**Saved entries:**
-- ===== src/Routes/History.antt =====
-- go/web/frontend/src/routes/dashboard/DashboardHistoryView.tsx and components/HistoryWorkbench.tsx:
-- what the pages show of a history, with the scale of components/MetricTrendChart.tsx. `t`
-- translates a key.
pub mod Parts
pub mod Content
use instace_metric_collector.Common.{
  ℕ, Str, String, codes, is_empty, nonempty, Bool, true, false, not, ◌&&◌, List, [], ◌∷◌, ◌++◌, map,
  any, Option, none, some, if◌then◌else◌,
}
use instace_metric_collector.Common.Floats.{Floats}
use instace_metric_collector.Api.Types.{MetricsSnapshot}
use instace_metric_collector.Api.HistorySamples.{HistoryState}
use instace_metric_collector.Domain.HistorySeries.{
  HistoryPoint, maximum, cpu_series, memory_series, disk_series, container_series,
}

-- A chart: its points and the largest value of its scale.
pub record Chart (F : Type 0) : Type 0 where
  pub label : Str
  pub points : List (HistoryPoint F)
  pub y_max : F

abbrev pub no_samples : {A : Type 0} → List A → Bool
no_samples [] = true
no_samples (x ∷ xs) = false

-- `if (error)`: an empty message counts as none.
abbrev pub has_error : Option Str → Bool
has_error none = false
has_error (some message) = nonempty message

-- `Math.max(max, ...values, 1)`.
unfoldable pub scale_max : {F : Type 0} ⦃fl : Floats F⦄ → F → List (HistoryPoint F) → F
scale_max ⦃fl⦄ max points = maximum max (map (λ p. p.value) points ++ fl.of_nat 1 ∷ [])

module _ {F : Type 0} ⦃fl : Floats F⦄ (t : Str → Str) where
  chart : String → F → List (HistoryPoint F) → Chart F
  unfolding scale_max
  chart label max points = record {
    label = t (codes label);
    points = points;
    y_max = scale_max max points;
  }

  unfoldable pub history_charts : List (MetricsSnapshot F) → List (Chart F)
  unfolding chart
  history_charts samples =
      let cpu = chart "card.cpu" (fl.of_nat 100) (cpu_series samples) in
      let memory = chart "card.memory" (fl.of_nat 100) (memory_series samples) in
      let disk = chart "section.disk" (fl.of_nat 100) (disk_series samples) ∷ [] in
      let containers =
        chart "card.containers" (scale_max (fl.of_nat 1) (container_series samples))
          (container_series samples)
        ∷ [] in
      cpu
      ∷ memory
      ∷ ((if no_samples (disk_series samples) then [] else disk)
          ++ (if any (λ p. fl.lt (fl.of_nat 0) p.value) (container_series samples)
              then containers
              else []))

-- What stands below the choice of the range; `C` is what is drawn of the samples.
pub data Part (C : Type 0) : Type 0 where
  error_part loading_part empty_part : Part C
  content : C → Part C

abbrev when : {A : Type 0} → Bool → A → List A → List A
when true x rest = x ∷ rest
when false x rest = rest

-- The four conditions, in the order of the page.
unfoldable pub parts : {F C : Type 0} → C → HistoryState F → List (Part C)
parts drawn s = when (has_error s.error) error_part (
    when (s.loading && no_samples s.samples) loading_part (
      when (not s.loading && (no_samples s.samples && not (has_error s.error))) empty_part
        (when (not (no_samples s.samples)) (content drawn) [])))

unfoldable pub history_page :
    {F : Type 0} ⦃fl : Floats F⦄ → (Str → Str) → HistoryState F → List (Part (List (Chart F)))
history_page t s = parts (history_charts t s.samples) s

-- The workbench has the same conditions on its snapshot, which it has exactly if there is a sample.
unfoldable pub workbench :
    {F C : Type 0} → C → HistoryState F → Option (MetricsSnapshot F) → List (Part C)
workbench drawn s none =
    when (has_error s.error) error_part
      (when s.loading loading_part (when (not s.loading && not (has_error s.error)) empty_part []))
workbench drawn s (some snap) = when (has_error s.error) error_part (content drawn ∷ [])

--

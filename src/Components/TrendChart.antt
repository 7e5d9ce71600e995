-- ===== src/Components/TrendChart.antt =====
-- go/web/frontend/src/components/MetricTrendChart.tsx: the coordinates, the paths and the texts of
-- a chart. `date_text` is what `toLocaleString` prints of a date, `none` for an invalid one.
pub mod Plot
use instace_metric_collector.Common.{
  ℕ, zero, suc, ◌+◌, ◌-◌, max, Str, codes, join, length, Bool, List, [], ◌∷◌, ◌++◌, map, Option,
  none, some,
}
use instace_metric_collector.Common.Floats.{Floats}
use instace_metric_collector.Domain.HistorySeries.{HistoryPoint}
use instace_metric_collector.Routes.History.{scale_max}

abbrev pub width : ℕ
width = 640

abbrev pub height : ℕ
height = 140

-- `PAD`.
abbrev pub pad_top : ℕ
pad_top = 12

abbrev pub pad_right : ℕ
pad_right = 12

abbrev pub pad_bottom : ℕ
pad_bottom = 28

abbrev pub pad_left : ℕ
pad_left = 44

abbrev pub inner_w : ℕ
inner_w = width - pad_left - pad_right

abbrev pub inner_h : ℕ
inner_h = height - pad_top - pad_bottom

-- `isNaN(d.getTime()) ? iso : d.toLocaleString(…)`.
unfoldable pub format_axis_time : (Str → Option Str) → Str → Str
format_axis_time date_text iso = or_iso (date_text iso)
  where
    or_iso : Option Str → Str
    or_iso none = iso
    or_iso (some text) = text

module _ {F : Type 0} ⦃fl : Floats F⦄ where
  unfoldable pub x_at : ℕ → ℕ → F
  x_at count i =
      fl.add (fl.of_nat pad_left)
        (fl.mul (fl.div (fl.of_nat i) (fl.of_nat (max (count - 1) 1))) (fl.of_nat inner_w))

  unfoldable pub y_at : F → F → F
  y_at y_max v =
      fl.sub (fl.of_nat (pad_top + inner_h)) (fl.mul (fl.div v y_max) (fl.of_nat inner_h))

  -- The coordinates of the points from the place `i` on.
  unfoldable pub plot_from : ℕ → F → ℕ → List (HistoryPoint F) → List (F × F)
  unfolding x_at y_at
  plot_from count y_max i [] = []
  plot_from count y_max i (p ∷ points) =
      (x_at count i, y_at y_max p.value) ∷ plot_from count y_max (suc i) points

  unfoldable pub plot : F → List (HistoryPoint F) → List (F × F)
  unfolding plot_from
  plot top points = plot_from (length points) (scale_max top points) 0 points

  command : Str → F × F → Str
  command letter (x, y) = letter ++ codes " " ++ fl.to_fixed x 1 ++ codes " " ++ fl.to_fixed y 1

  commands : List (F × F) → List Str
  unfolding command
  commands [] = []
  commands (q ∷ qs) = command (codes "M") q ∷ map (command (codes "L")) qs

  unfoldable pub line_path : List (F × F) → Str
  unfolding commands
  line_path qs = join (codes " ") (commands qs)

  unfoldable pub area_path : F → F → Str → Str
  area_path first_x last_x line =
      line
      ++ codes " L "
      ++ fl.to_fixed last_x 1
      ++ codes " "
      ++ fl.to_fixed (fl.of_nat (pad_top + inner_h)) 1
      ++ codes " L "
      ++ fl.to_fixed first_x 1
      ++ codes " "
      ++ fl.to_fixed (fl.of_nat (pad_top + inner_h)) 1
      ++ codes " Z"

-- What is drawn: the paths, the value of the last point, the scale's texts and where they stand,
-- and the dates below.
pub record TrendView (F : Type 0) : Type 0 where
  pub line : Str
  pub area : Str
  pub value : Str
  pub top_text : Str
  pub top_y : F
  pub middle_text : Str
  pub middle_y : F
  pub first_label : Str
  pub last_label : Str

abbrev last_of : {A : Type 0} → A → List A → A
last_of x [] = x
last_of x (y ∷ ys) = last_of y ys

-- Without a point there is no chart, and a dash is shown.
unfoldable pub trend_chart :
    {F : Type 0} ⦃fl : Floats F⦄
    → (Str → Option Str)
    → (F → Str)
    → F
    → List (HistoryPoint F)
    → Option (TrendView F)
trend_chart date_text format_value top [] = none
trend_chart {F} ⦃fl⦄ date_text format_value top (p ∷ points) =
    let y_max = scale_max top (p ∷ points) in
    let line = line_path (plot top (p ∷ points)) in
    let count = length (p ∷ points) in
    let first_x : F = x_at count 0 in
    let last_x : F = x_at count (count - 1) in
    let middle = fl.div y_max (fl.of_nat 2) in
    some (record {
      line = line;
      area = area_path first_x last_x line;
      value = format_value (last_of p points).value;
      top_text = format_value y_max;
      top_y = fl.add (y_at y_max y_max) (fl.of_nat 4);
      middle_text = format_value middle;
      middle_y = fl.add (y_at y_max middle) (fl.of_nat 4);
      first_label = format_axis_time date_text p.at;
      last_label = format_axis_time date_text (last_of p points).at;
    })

**THE TASK:**
The lines of the records that contain the string "join" should be located and copied.

**SOLUTION BELOW:**
  ℕ, zero, suc, ◌+◌, ◌-◌, max, Str, codes, join, length, Bool, List, [], ◌∷◌, ◌++◌, map, Option,
  line_path qs = join (codes " ") (commands qs)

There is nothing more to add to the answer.